Does teen childbearing predict daily smoking in young adulthood in a nationally representative longitudinal study of women (Figure 1, path D)?

If teen childbearing is associated with subsequent smoking, is this relationship explained by the selection of socially disadvantaged teens into smoking and teen childbearing (paths A–C)?

After accounting for selection processes, do socioeconomic status and depression in young adulthood mediate any remaining relationship between teen childbearing and subsequent daily smoking (paths D–F)?

Are there racial/ethnic differences in the association between teen childbearing and subsequent smoking or in its selection and mediation processes?

2. Background

2.1 Teen motherhood and cigarette smoking

US teen childbearing rates peaked in the 1950s, but teen motherhood emerged as a perceived social problem in later decades as most teen births became nonmarital (Furstenberg 2003). A large, longstanding literature has examined the consequences of teen childbearing for a variety of short- and long-term life outcomes (e.g., Taylor 2009). Some influential studies have found that the documented negative consequences of teen childbearing are mostly or entirely due to the selection of disadvantaged girls into early motherhood (Geronimus and Korenman 1993; Hoffman 1998; Turley 2003). But most researchers now attribute modest negative effects to teen motherhood (Fletcher and Wolfe 2009; Kane et al. 2013), with heterogeneity in these effects for different groups (Diaz and Fiel 2016; Williams et al. 2015). Here, we consider the medium-term outcome of daily smoking in young adulthood (Figure 1, path D). Research on the relationship between teen childbearing and later smoking is sparse. Teen mothers-to-be have higher rates of prenatal smoking than most older age groups (Lu, Tong, and Oldenburg 2001; Mathews 2001; Ventura et al. 2003), even though they are disproportionately likely to quit smoking while pregnant (Colman and Joyce 2003; Curtin and Mathews 2016). White US teen mothers had a particularly high prenatal smoking prevalence of 34% in 2000–2001, compared to 9% for African American and 11% for Hispanic teen mothers (Dennis and Mollborn 2013). White teen mothers’ high levels of smoking partially explained their children’s elevated risk for low birthweight compared to children of older White mothers (Dennis and Mollborn 2013). After childbearing, evidence from the United Kingdom and Australia suggests that teen mothers have an increased likelihood of smoking (Graham et al. 2006; Webbink, Martin, and Visscher 2008). Young mothers in a high-risk New York sample were more likely to be current smokers than those who were childless (Stueve and O’Donnell 2007). Teen mothers are more likely than older women to resume smoking after childbirth (Colman and Joyce 2003), making the otherwise protective effect of childbearing weaker for this group.

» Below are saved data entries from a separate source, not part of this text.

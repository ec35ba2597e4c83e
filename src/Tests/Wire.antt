-- ===== src/Tests/Wire.antt =====
-- The primitives of the wire format, fragments and frames.
use zenoh_ros2_nostd.Common.{
  ℕ, ◌+◌, ◌-◌, ◌≤◌, ◌<◌, ◌≡◌, refl, List, [], ◌∷◌, ◌++◌, true, false, some, length, take, drop,
  replicate, arith, ok, err,
}
use zenoh_ros2_nostd.Error.{frame_too_large, invalid_encoding}
use zenoh_ros2_nostd.Transport.Writer.{write_byte, ◌⨾◌}
use zenoh_ros2_nostd.Transport.Vbyte.{encode_vbyte, decode_vbyte, u64_size}
use zenoh_ros2_nostd.Transport.Vbyte.Decode.{decode_vbyte-encode_vbyte, decode_vbyte_bounds}
use zenoh_ros2_nostd.Transport.Slice.{decode_slice}
use zenoh_ros2_nostd.Transport.Slice.RoundTrip.{decode_slice_bounds}
use zenoh_ros2_nostd.Transport.Fragment.{new, feed}
use zenoh_ros2_nostd.Transport.Fragment.Refine.{
  pending, gather, new-IsValid, feed_refines, feed-IsValid,
}
use zenoh_ros2_nostd.Tests.MemoryLink.{Memory}

abbrev zeros : List ℕ
zeros = replicate 12 0

encode_300 : encode_vbyte 300 (0 ∷ 0 ∷ 7 ∷ []) ≡ ok (0xac ∷ 0x02 ∷ [], 7 ∷ [])
unfolding encode_vbyte write_byte ◌⨾◌
encode_300 = refl

encode_no_room : encode_vbyte 300 (0 ∷ []) ≡ err frame_too_large
unfolding encode_vbyte write_byte ◌⨾◌
encode_no_room = refl

decode_300 : decode_vbyte (0xac ∷ 0x02 ∷ 9 ∷ []) ≡ ok (300, 2)
unfolding decode_vbyte
decode_300 = refl

decode_cut : decode_vbyte (0xac ∷ []) ≡ err invalid_encoding
unfolding decode_vbyte
decode_cut = refl

decode_vbyte-encode_vbyte_example :
    (w : List ℕ) × (r : List ℕ) × (encode_vbyte 300 zeros ≡ ok (w, r))
    × (1 ≤ length w)
    × (length w ≤ 10)
    × (decode_vbyte (w ++ (9 ∷ [])) ≡ ok (300, length w))
decode_vbyte-encode_vbyte_example =
    decode_vbyte-encode_vbyte 300 zeros (9 ∷ []) (omega arith) (omega arith)

decode_vbyte_bounds_example : (300 < u64_size) × (1 ≤ 2) × (2 ≤ 10) × (2 ≤ 3)
decode_vbyte_bounds_example = decode_vbyte_bounds (0xac ∷ 0x02 ∷ 9 ∷ []) 300 2 decode_300

decode_slice_ab : decode_slice (2 ∷ b'a' ∷ b'b' ∷ 9 ∷ []) ≡ ok (b'a' ∷ b'b' ∷ [], 3)
unfolding decode_slice decode_vbyte
decode_slice_ab = refl

decode_slice_bounds_example :
    (3 ≤ 4)
    × (2 < 3)
    × (3 ≤ 2 + 10)
    × (◌≡◌ {A = List ℕ} (b'a' ∷ b'b' ∷ []) (take 2 (drop (3 - 2) (2 ∷ b'a' ∷ b'b' ∷ 9 ∷ []))))
decode_slice_bounds_example =
    decode_slice_bounds (2 ∷ b'a' ∷ b'b' ∷ 9 ∷ []) (b'a' ∷ b'b' ∷ []) 3 decode_slice_ab

feed_refines_example :
    let (answer, b) = feed 4 (feed 4 (new 4) true (1 ∷ 2 ∷ [])).1 false (3 ∷ []) in
    (answer, pending b) ≡ gather 4 (pending (feed 4 (new 4) true (1 ∷ 2 ∷ [])).1) false (3 ∷ [])
feed_refines_example =
    feed_refines 4 (feed 4 (new 4) true (1 ∷ 2 ∷ [])).1 false (3 ∷ [])
      (feed-IsValid 4 (new 4) true (1 ∷ 2 ∷ []) (new-IsValid 4))

feed_two :
    (feed 4 (feed 4 (new 4) true (1 ∷ 2 ∷ [])).1 false (3 ∷ [])).0 ≡ ok (some (1 ∷ 2 ∷ 3 ∷ []))
unfolding feed new
feed_two = refl

feed_past_the_end : (feed 2 (new 2) false (1 ∷ 2 ∷ 3 ∷ [])).0 ≡ err frame_too_large
unfolding feed new
feed_past_the_end = refl

abbrev inbox : Memory
inbox = ([], 2 ∷ 0 ∷ 7 ∷ 8 ∷ 9 ∷ [])
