-- ===== src/Transport.antt =====
-- src/transport: the Zenoh wire protocol of a client.
pub mod Writer
pub mod Vbyte
pub mod Protocol
pub mod Reader
pub mod Slice
pub mod Codec
pub mod Fragment
pub mod Frame
pub mod Link
pub mod Handshake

2.2 Selection into smoking and teen childbearing

Any relationship between teen childbearing and smoking may be caused by preexisting social disadvantages underlying both behaviors (Figure 1, paths A–C). By comparing pregnant teens who miscarried with those who gave birth, as well as estimating family fixed effects, Fletcher (2011) found that such selection processes accounted for the initial relationships between teen motherhood and smoking in the short and long term. Three selection factors that may be particularly important for explaining observed associations between teen childbearing and smoking are preexisting social class, depression, and preexisting smoking. Cumulative social class across childhood predicts prenatal smoking among women (Spencer 2006), as well as teen childbearing (Quinlivan et al. 2004). Depression is related to smoking before pregnancy (Graham et al. 2006; Hanna, Faden, and Dufour 1994), and among severely depressed girls living in poverty it also predicts teen childbearing (Mollborn and Morningstar 2009). Teen pregnancy is part of a constellation of related adolescent risk behaviors that may have implications for its relationship with smoking. Because they have often experienced early sexual intercourse, many teenage parents are expected to evidence a “syndrome of problem behavior” predicted by social disadvantage, being more likely than other adolescents to engage in unhealthy behaviors such as problematic alcohol use, marijuana use, and delinquency (Donovan, Jessor, and Costa 1988). Thus, because of social disadvantage underlying both behaviors, girls who have teen births may have already been more likely to smoke. In a high-risk local urban sample, women who had become mothers by about age 20 were more likely to have smoked in the past (Stueve and O’Donnell 2007). Evidence from the United Kingdom suggests that teen childbearing can compound smoking risk stemming from earlier childhood disadvantages (Graham, Hawkins, and Law 2010), which implies a blend of selection and causality.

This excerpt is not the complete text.